I'm considering the following problem (very rough description):

Assume we have a graph where edges are assigned some non-negative costs, a starting node s and some cost constant C. Find out:

  • A set of nodes e, reachable from s where the cost of the shortest path from the starting node s to e is not greater than C.
  • For each e in the set the above - the cost of the shortest path.

Basically Dijkstra with the cost constraint.

My primary question is: what is the correct terminology in the graph theory for this problem?

I've been looking at "accessibility" or "reachability" but these seem to be wrong keywords.

Ultimately I'm looking for an algorithm which could efficiently answer many such queries on one (non-modifable) but quite large (potentially ~100mln edges) graph in parallel. I'd like to check literature but need hints on the right keywords.

Update: My practical problem is as follows.

Assume we're given a continental-size road network (modelled as a directed graph, with some properties on edges and nodes like if it's a pedestrian way or highway). Edge cost ist travel time.

I'd like to answer user queries like: starting from some given position (graph node), which nodes are reachable withing 1 hour?

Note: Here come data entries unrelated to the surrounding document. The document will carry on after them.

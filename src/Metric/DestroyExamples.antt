-- ===== src/Metric/DestroyExamples.antt =====
-- How core/metric.c builds a unit and takes it apart, at a small heap.
use syswatcher.Base.{ℕ, ◌≡◌, [], ◌∷◌, ◌++◌, arith, ltb, false, ◌==◌, if◌then◌else◌}
use syswatcher.ListHead.{Heap, ok, ◌>>=◌}
use syswatcher.ListHead.Ring.{Ring}
use syswatcher.ListHead.Traverse.{Freed}
use syswatcher.Metric.Destroy.{ThreadInfo, UnitBlock, do_del_metric}
use syswatcher.Metric.Build.{add_unit}
use syswatcher.Metric.Added.{do_del_metric-add_unit}
use syswatcher.Metric.Destroyed.{thread_blocks, IsLinked, do_del_metric-Freed}

-- The metrics 2 and 3 with their head at 1; the unit 3 has the sub-metrics 5 and 6 with the head 4;
-- the action 8 is queued at the head 7.
abbrev heap : Heap
heap = record {
  live = λ p. ltb p 12;
  next = λ p.
      if p == 1
      then 2
      else if p == 2
      then 3
      else if p == 3
      then 1
      else if p == 4
      then 5
      else if p == 5
      then 6
      else if p == 6
      then 4
      else if p == 7
      then 8
      else if p == 8
      then 7
      else p;
  prev = λ p.
      if p == 1
      then 3
      else if p == 2
      then 1
      else if p == 3
      then 2
      else if p == 4
      then 6
      else if p == 5
      then 4
      else if p == 6
      then 5
      else if p == 7
      then 8
      else if p == 8
      then 7
      else p;
}

abbrev ti : ThreadInfo
ti = record { block = 9; action_fifo = record { head = 7; exit_flag = false } }

abbrev unit : UnitBlock
unit = record { node = 3; sub_node_head = 4; update_thread_info = ti }

heap-IsLinked : IsLinked heap 1 (2 ∷ []) [] unit (5 ∷ 6 ∷ []) (8 ∷ [])
heap-IsLinked = record {
  metrics = ground arith;
  sub_metrics = ground arith;
  actions = ground arith;
  thread = ground arith;
  thread_once = ground arith;
  thread_metrics = λ c m. ground arith;
  thread_subs = λ c m. ground arith;
  subs_metrics = λ c m. ground arith;
}

do_del_metric-Freed_example :
    (g : Heap) × (do_del_metric 1 3 unit heap ≡ ok tt g)
    × Ring g 1 (2 ∷ [])
    × Freed (thread_blocks ti (8 ∷ []) ++ (5 ∷ 6 ∷ 3 ∷ 4 ∷ [])) heap g
do_del_metric-Freed_example =
    do_del_metric-Freed 1 3 heap 1 (2 ∷ []) [] unit (5 ∷ 6 ∷ []) (8 ∷ []) heap-IsLinked
      (omega arith) (omega arith)

-- The metrics 1 and 2, with the addresses from 3 on free.
abbrev two : Heap
two = record {
  live = λ p. ltb p 3;
  next = λ p. if p == 1 then 2 else if p == 2 then 1 else p;
  prev = λ p. if p == 1 then 2 else if p == 2 then 1 else p;
}

do_del_metric-add_unit_example :
    (g : Heap) × ((add_unit 1 3 4 (7 ∷ 8 ∷ []) 5 6 >>= do_del_metric 2 3) two ≡ ok tt g)
    × Ring g 1 (2 ∷ [])
    × ((c : ℕ) → g.live c ≡ two.live c)
do_del_metric-add_unit_example =
    do_del_metric-add_unit 2 3 two 1 (2 ∷ []) 3 4 5 6 (7 ∷ 8 ∷ []) (ground arith) (ground arith)
      (ground arith) (omega arith)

I'd also like to answer these queries very fast (<200-300ms, if possible) for many users (>10000, if possible) in parallel.

I think there should be at least two optimizations possible:

  • Some reasonably-sized precomputation, for instance pre-computed distance matrices for selected "central" nodes.
  • If searches are conducted in parallel, they may profit from "temporary results" of each other.

I have a few ideas on my own but I'd first like to check the literature to avoid reinventing the wheel.

  • $\begingroup$ Are you looking for an algorithm? I think you already figured out that using Dijkstra's algorithm, with an early termination when cost constraint is violated, is a good start. Probably not for parallel computing though. $\endgroup$
    – peterwhy
    Jul 9 '15 at 23:56
  • $\begingroup$ @peterwhy Ultimately, yes, I'm looking for an algorithm. Dijkstra is trivial and will work well for small number of queries. What I need is to calculate many queries (starting from different sources) in parallel. I'll update the question with a description of the practical problem. $\endgroup$
    – lexicore
    Jul 10 '15 at 5:20

Correct terminology for your problem would be "Single source Shortest path problem"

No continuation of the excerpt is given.